Exercise: Copy word for word, and only, the lines below from the one with "NoNul (c ∷ cs) = (c ≢ 0) × NoNul cs" through the last.

Extracted information:

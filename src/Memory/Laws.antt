-- ===== src/Memory/Laws.antt =====
-- Copies at the seam of two arrays, strings with their terminator, and byte order.
use ecen_602_projects.Common.{
  take, ℕ, ◌+◌, ◌*◌, ◌/◌, ◌%◌, ◌^◌, ◌<◌, ◌≡◌, refl, ap, ◌∙◌, sym, append-nil, drop_all, ◌≢◌, List,
  [], ◌∷◌, ◌++◌, arith, length, drop, length-append, length-drop, drop-append_add, drop-drop, ◌≤◌,
  take-append, drop-append, append_assoc, leb, le→leb, lt→leb-false, true, ==_self,
}
use ecen_602_projects.Memory.Defs.{
  ok, fault, memcpy, slice, c_string, strcmp_eq, bswap_16, store_u16, load_u16, big_endian,
}

-- A copy over `mid` between what stands in front and what follows.
pub memcpy-append :
    (front mid rest src : List ℕ) (off : ℕ)
    → length front ≡ off
    → length src ≡ length mid
    → memcpy (front ++ (mid ++ rest)) off src ≡ ok (front ++ (src ++ rest))
unfolding memcpy
memcpy-append front mid rest src off h e =
    let fits : leb (off + length src) (length (front ++ (mid ++ rest))) ≡ true =
      le→leb _ _ (omega (arith, length-append front (mid ++ rest), length-append mid rest)) in
    let cut : drop (off + length src) (front ++ (mid ++ rest)) ≡ rest = rw (← append_assoc) (
      drop-append (off + length src) (front ++ mid) rest
        (omega (arith, length-append front mid))) in
    rw (fits, take-append off front (mid ++ rest) h, cut)

-- A copy right behind `front`, which earlier copies have put over the head of `dst`.
pub memcpy-extend :
    (front dst src : List ℕ) (off : ℕ)
    → length front ≡ off
    → off + length src ≤ length dst
    → memcpy (front ++ drop off dst) off src ≡ ok (front ++ (src ++ drop (off + length src) dst))
unfolding memcpy
memcpy-extend front dst src off h fit =
    let fits : leb (off + length src) (length (front ++ drop off dst)) ≡ true =
      le→leb _ _ (omega (arith, length-append front (drop off dst), length-drop off dst)) in
    rw (
      fits,
      take-append off front (drop off dst) h,
      drop-append_add off (length src) front (drop off dst) h,
      drop-drop off (length src) dst,
    )

-- A copy to the front of an array.
pub memcpy-front :
    (dst src : List ℕ)
    → length src ≤ length dst
    → memcpy dst 0 src ≡ ok (src ++ drop (length src) dst)
memcpy-front dst src fit =
    memcpy-extend [] dst src 0 refl (omega arith) ∙ ap (λ k. ok (src ++ drop k dst)) (omega arith)

pub memcpy-fault :
    (dst src : List ℕ) (off : ℕ) → length dst < off + length src → memcpy dst off src ≡ fault
unfolding memcpy
memcpy-fault dst src off h = simp (lt→leb-false (off + length src) (length dst) h)

pub slice-fault : (src : List ℕ) (off n : ℕ) → length src < off + n → slice src off n ≡ fault
unfolding slice
slice-fault src off n h = simp (lt→leb-false (off + n) (length src) h)

pub slice_front : (src : List ℕ) (n : ℕ) → n ≤ length src → slice src 0 n ≡ ok (take n src)
unfolding slice
slice_front src n h = rw (le→leb (0 + n) (length src) (omega arith))

-- Storing the swapped word puts it on the wire in network order.
pub store_u16-bswap_16 : (x : ℕ) → x < 2 ^ 16 → store_u16 (bswap_16 x) ≡ big_endian x
unfolding store_u16 bswap_16
store_u16-bswap_16 x h = ground arith

pub bswap_16-big_endian : (x : ℕ) → x < 2 ^ 16 → bswap_16 (x / 256 + 256 * (x % 256)) ≡ x
unfolding bswap_16
bswap_16-big_endian x h = omega arith

-- Reading back from between `front` and `rest`.
pub slice-append :
    (front mid rest : List ℕ) (off n : ℕ)
    → length front ≡ off
    → length mid ≡ n
    → slice (front ++ (mid ++ rest)) off n ≡ ok mid
unfolding slice
slice-append front mid rest off n h e =
    let fits : leb (off + n) (length (front ++ (mid ++ rest))) ≡ true =
      le→leb _ _ (omega (arith, length-append front (mid ++ rest), length-append mid rest)) in
    rw (fits, drop-append off front (mid ++ rest) h, take-append n mid rest e)

pub load_u16-big_endian :
    (x off : ℕ) (front rest : List ℕ)
    → length front ≡ off
    → load_u16 (front ++ (big_endian x ++ rest)) off ≡ ok (x / 256 + 256 * (x % 256))
unfolding load_u16
load_u16-big_endian x off front rest h = rw (slice-append front (big_endian x) rest off 2 h refl)

-- A string in memory, up to its terminator.
abbrev pub NoNul : List ℕ → Type 0
NoNul [] = Unit
NoNul (c ∷ cs) = (c ≢ 0) × NoNul cs

pub NoNul-append : (xs ys : List ℕ) → NoNul xs → NoNul ys → NoNul (xs ++ ys)
NoNul-append [] ys h g = g
NoNul-append (x ∷ xs) ys h g = (h.0, NoNul-append xs ys h.1 g)

pub c_string-append : (s rest : List ℕ) → NoNul s → c_string (s ++ 0 ∷ rest) ≡ ok s
unfolding c_string
c_string-append [] rest h = refl
c_string-append (c ∷ cs) rest h = ground (arith, c_string-append cs rest h.1)

pub strcmp_eq_self : (literal rest : List ℕ) → strcmp_eq (literal ++ 0 ∷ rest) literal ≡ ok true
unfolding strcmp_eq
strcmp_eq_self [] rest = refl
strcmp_eq_self (c ∷ cs) rest = rw (==_self c) (strcmp_eq_self cs rest)

-- A whole array read, and a whole array overwritten.
pub slice_all : (src : List ℕ) (n : ℕ) → length src ≡ n → slice src 0 n ≡ ok src
slice_all src n size =
    ap (λ l. slice l 0 n) (sym (append-nil src)) ∙ slice-append [] src [] 0 n refl size

pub memcpy_all : (dst src : List ℕ) → length src ≡ length dst → memcpy dst 0 src ≡ ok src
memcpy_all dst src size =
    memcpy-front dst src (omega arith)
    ∙ ap ok (ap (λ l. src ++ l) (drop_all (length src) dst (omega arith)) ∙ append-nil src)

Result for this exercise:
NoNul (c ∷ cs) = (c ≢ 0) × NoNul cs

pub NoNul-append : (xs ys : List ℕ) → NoNul xs → NoNul ys → NoNul (xs ++ ys)
NoNul-append [] ys h g = g
NoNul-append (x ∷ xs) ys h g = (h.0, NoNul-append xs ys h.1 g)

pub c_string-append : (s rest : List ℕ) → NoNul s → c_string (s ++ 0 ∷ rest) ≡ ok s
unfolding c_string
c_string-append [] rest h = refl
c_string-append (c ∷ cs) rest h = ground (arith, c_string-append cs rest h.1)

pub strcmp_eq_self : (literal rest : List ℕ) → strcmp_eq (literal ++ 0 ∷ rest) literal ≡ ok true
unfolding strcmp_eq
strcmp_eq_self [] rest = refl
strcmp_eq_self (c ∷ cs) rest = rw (==_self c) (strcmp_eq_self cs rest)

-- A whole array read, and a whole array overwritten.
pub slice_all : (src : List ℕ) (n : ℕ) → length src ≡ n → slice src 0 n ≡ ok src
slice_all src n size =
    ap (λ l. slice l 0 n) (sym (append-nil src)) ∙ slice-append [] src [] 0 n refl size

pub memcpy_all : (dst src : List ℕ) → length src ≡ length dst → memcpy dst 0 src ≡ ok src
memcpy_all dst src size =
    memcpy-front dst src (omega arith)
    ∙ ap ok (ap (λ l. src ++ l) (drop_all (length src) dst (omega arith)) ∙ append-nil src)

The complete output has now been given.